Am Anfang der Hausarbeit soll, als kleine Einleitung in die Thematik, aufgezeigt werden, welche allgemeinen Bestimmungen über die Seele in „De Anima“ angeführt werden und wie diese Bestimmungen logisch begründet werden. Zu klären wäre in diesem ersten Abschnitt die Frage, ob die Seele etwas notwendiges für den Körper und warum der Körper auf die Seele angewiesen ist. Entscheidend für die Analyse des Seelenbegriffes bei Aristoteles, ist die Frage nach den Funktionen der Seele und ihrer Reihenfolge im Gefüge der Seelenvermögen. Im laufe der Hausarbeit, wird sich zeigen, von welcher Bedeutung die Analyse der Seelenvermögen für den Körper ist und zu welchem Seelenbegriff man dadurch gelangt. Aus diesen Überlegungen heraus, widmet sich der zweite Teil der Hausarbeit der Frage nach den Seelenvermögen und ihrer Relation zueinander. Hierbei wäre die Frage nach einer eventuellen Hierarchie der Seelenvermögen von grösster Bedeutung.

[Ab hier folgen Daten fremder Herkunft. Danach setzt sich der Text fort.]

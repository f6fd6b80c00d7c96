-- ===== src/Automation/Store/Accepted/Suspension.antt =====
-- The fields of the suspension that tools/data-poc/src/automation/automationState.ts accepts.
use crypto_edge_ai.Common.{
  ◌≢◌, ◌≡◌, refl, Option, none, some, Bool, true, false, ok, Bool-cases, inl, inr, String,
  ok_injective, bind-eq-ok,
}
use crypto_edge_ai.Number.{Number}
use crypto_edge_ai.Json.{property, Fields}
use crypto_edge_ai.Date.{DateText}
use crypto_edge_ai.Automation.State.{AutomationState}
use crypto_edge_ai.Automation.State.Coherence.{IsCoherent}
use crypto_edge_ai.Automation.Store.Values.{
  Format, optional_nullable_safe_text, optional_boolean, optional_nullable_iso,
}
use crypto_edge_ai.Automation.Store.Normalize.{is_incoherent, suspension_of, read_suspension}
use crypto_edge_ai.Automation.Store.Valid.{HasSuspension, IsId, Each, IsDate}
use crypto_edge_ai.Automation.Store.Valid.Read.{
  optional_nullable_safe_text-IsId, optional_nullable_iso-IsDate,
}

coherent_fields :
    (suspended required : Bool) (at : Option DateText) (reason : Option String)
    → is_incoherent suspended required at reason ≡ false
    → (required ≡ suspended)
      × (suspended ≡ true → at ≢ none)
      × (suspended ≡ true → reason ≢ none)
      × (suspended ≡ false → at ≡ none)
      × (suspended ≡ false → reason ≡ none)
unfolding is_incoherent
coherent_fields true true (some _) (some _) e = (refl, λ _ h. cc, λ _ h. cc, λ h. cc, λ h. cc)
coherent_fields false false none none e = (refl, λ h. cc, λ h. cc, λ _. refl, λ _. refl)
coherent_fields _ _ _ _ e = cc

pub IsCoherent-of_accepted :
    (s : AutomationState)
    → is_incoherent s.automation_suspended s.resume_required s.suspended_at s.suspended_reason
      ≡ false
    → IsCoherent s
IsCoherent-of_accepted s e =
    let (resume, dated, explained, undated, unexplained) =
      coherent_fields s.automation_suspended s.resume_required s.suspended_at s.suspended_reason
        e in
    record {
      resume = resume;
      dated = dated;
      explained = explained;
      undated = undated;
      unexplained = unexplained;
    }

module _ {n : Number} (f : Format n) where
  abbrev pub Passed : AutomationState → Type 0
  Passed s =
      (is_incoherent s.automation_suspended s.resume_required s.suspended_at s.suspended_reason
        ≡ false)
      × HasSuspension f s

  suspension_of-Passed :
      (s : AutomationState) (suspended required : Bool) (at : Option DateText)
      (reason : Option String) {s' : AutomationState}
      → Each (IsDate f) at
      → IsId reason
      → suspension_of s suspended required at reason ≡ ok s'
      → Passed s'
  unfolding suspension_of
  suspension_of-Passed s suspended required at reason h i e =
      elim (Bool-cases (is_incoherent suspended required at reason)) [
        | inl bad ↦ let wrong = rw bad at e in cc
        | inr good ↦ let here = ok_injective (rw good at e) in rw (← here) (good, (h, i))
      ]

  pub read_suspension-Passed :
      (fields : Fields n) (s : AutomationState) {s' : AutomationState}
      → read_suspension f fields s ≡ ok s'
      → Passed s'
  unfolding read_suspension
  read_suspension-Passed fields s e =
      let (suspended, _, rest) =
        bind-eq-ok (optional_boolean (property "automation_suspended" fields) false) _ e in
      let (at, dated, rest1) =
        bind-eq-ok (optional_nullable_iso f (property "suspended_at" fields)) _ rest in
      let (reason, explained, rest2) =
        bind-eq-ok (optional_nullable_safe_text (property "suspended_reason" fields)) _ rest1 in
      let (required, _, rest3) =
        bind-eq-ok (optional_boolean (property "resume_required" fields) suspended) _ rest2 in
      suspension_of-Passed s suspended required at reason
        (optional_nullable_iso-IsDate f (property "suspended_at" fields) dated)
        (optional_nullable_safe_text-IsId (property "suspended_reason" fields) explained) rest3
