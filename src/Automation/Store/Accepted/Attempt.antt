-- ===== src/Automation/Store/Accepted/Attempt.antt =====
-- The fields of the last attempt that tools/data-poc/src/automation/automationState.ts accepts.
use crypto_edge_ai.Common.{◌≡◌, sym, Option, none, some, ok, String, ok_injective, bind-eq-ok}
use crypto_edge_ai.Number.{Number}
use crypto_edge_ai.Json.{property, coalesce, Fields, Value, null, str}
use crypto_edge_ai.Automation.ErrorCode.{is_safe_text}
use crypto_edge_ai.Automation.ErrorCode.{is_safe_text}
use crypto_edge_ai.Automation.ErrorCode.{is_safe_text}
use crypto_edge_ai.Automation.ErrorCode.{is_safe_text}
use crypto_edge_ai.Automation.ErrorCode.{is_safe_text}
use crypto_edge_ai.Automation.State.{CycleStatus, RunResult, AutomationState}
use crypto_edge_ai.Automation.Store.Words.{result_word, cycle_word}
use crypto_edge_ai.Automation.Store.Values.{
  Format, exact, printed, when_word, then_word, when_word, then_word, when_word, then_word,
  when_word, then_word, when_word, then_word, nullable_word, optional_word, nullable_safe_text,
  optional_nullable_safe_text, nullable_iso,
}
use crypto_edge_ai.Automation.Store.Normalize.{read_attempt}
use crypto_edge_ai.Automation.Store.Valid.{HasAttempt, Inherits}
use crypto_edge_ai.Automation.Store.Valid.Read.{
  when_valid-eq-ok, nullable_safe_text-IsId, optional_nullable_safe_text-IsId, nullable_iso-IsDate,
}
use crypto_edge_ai.Automation.Store.Accepted.Suspension.{Passed}

module _ {n : Number} (f : Format n) where
  when_word-Inherits :
      (o : Option CycleStatus) {a : Option CycleStatus} (b : Option RunResult)
      → when_word o ≡ ok a
      → Inherits a b
  when_word-Inherits none b e = cc
  when_word-Inherits (some c) b e = let here = ok_injective e in rw (← here) tt

  -- Where the field itself and the one that it is read from otherwise have been read.
  inherited_status :
      (v w : Option (Value n)) {a : Option CycleStatus} (b : Option RunResult)
      → nullable_word exact result_word w ≡ ok b
      → optional_word printed cycle_word (coalesce v w) ≡ ok a
      → Inherits a b
  unfolding optional_word nullable_word
  inherited_status none none b e e' = cc
  inherited_status none (some null) b e e' =
      let here = ok_injective e' in let there = ok_injective e in rw (← here) (sym there)
  inherited_status none (some x) b e e' = when_word-Inherits (then_word (printed x) cycle_word) b e'
  inherited_status (some null) none b e e' = cc
  inherited_status (some null) (some null) b e e' =
      let here = ok_injective e' in let there = ok_injective e in rw (← here) (sym there)
  inherited_status (some null) (some x) b e e' =
      when_word-Inherits (then_word (printed x) cycle_word) b e'
  inherited_status (some x) w b e e' = when_word-Inherits (then_word (printed x) cycle_word) b e'

  inherited_text :
      (v w : Option (Value n)) {a : Option String} (b : Option String)
      → nullable_safe_text w ≡ ok b
      → optional_nullable_safe_text (coalesce v w) ≡ ok a
      → Inherits a b
  unfolding optional_nullable_safe_text nullable_safe_text
  inherited_text none none b e e' = cc
  inherited_text none (some null) b e e' =
      let here = ok_injective e' in let there = ok_injective e in rw (← here) (sym there)
  inherited_text none (some (str t)) b e e' =
      let (_, here) = when_valid-eq-ok (is_safe_text t) t e' in rw (← here) tt
  inherited_text none (some _) b e e' = cc
  inherited_text (some null) none b e e' = cc
  inherited_text (some null) (some null) b e e' =
      let here = ok_injective e' in let there = ok_injective e in rw (← here) (sym there)
  inherited_text (some null) (some (str t)) b e e' =
      let (_, here) = when_valid-eq-ok (is_safe_text t) t e' in rw (← here) tt
  inherited_text (some null) (some _) b e e' = cc
  inherited_text (some (str t)) w b e e' =
      let (_, here) = when_valid-eq-ok (is_safe_text t) t e' in rw (← here) tt
  inherited_text (some _) w b e e' = cc

  pub read_attempt-HasAttempt :
      (fields : Fields n) (s : AutomationState) {s' : AutomationState}
      → Passed f s
      → read_attempt f fields s ≡ ok s'
      → Passed f s' × HasAttempt f s'
  unfolding read_attempt
  read_attempt-HasAttempt fields s h e =
      let (v0, e0, rest0) = bind-eq-ok (nullable_iso f (property "last_attempt_at" fields)) _ e in
      let (v1, e1, rest1) =
        bind-eq-ok (nullable_iso f (property "last_success_at" fields)) _ rest0 in
      let (v2, e2, rest2) =
        bind-eq-ok (nullable_iso f (property "last_failure_at" fields)) _ rest1 in
      let (v3, e3, rest3) =
        bind-eq-ok (nullable_safe_text (property "last_run_id" fields)) _ rest2 in
      let (v4, e4, rest4) =
        bind-eq-ok (nullable_safe_text (property "active_run_id" fields)) _ rest3 in
      let (v5, e5, rest5) =
        bind-eq-ok (nullable_word exact result_word (property "last_result" fields)) _ rest4 in
      let (v6, e6, rest6) =
        bind-eq-ok (nullable_safe_text (property "last_error_code" fields)) _ rest5 in
      let (v7, e7, rest7) =
        bind-eq-ok
          (optional_nullable_safe_text
            (coalesce (property "cycle_id" fields) (property "last_run_id" fields)))
          _ rest6 in
      let (v8, e8, rest8) =
        bind-eq-ok
          (optional_word printed cycle_word
            (coalesce (property "cycle_status" fields) (property "last_result" fields)))
          _ rest7 in
      let (v9, e9, rest9) =
        bind-eq-ok
          (optional_nullable_safe_text
            (coalesce (property "failure_code" fields) (property "last_error_code" fields)))
          _ rest8 in
      let here = ok_injective rest9 in
      rw (← here) (
        h,
        (
          nullable_iso-IsDate f (property "last_attempt_at" fields) e0,
          nullable_iso-IsDate f (property "last_success_at" fields) e1,
          nullable_iso-IsDate f (property "last_failure_at" fields) e2,
          nullable_safe_text-IsId (property "last_run_id" fields) e3,
          nullable_safe_text-IsId (property "active_run_id" fields) e4,
          nullable_safe_text-IsId (property "last_error_code" fields) e6,
          optional_nullable_safe_text-IsId
              (coalesce (property "cycle_id" fields) (property "last_run_id" fields)) e7,
          optional_nullable_safe_text-IsId
              (coalesce (property "failure_code" fields) (property "last_error_code" fields)) e9,
          inherited_text (property "cycle_id" fields) (property "last_run_id" fields) v3 e3 e7,
          inherited_status (property "cycle_status" fields) (property "last_result" fields) v5 e5
              e8,
          inherited_text (property "failure_code" fields) (property "last_error_code" fields) v6 e6
              e9,
        ),
      )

Um den Rahmen dieser Hausarbeit nicht zu sprengen, ist es zwingend erforderlich, den enormen Inhalt, der in „De Anima“ geboten wird stark einzuschränken. Aus diesem Grund wird sich diese Hausarbeit zwei wichtigen Vermögen widmen, nämlich dem Ernährungsvermögen, als die Grundlage jeglicher lebendiger Existenz, und dem darauf aufbauenden Wahrnehmungsvermögen. Da aber das Wahrnehmungsvermögen der Kern dieser Hausarbeit sein soll, wird sie ausführlicher behandelt werden. Entscheiden sind hier die Fragen nach dem Prozess der Wahrnehmung und einem eventuellen, damit verbundenen Erkenntnisprozesses.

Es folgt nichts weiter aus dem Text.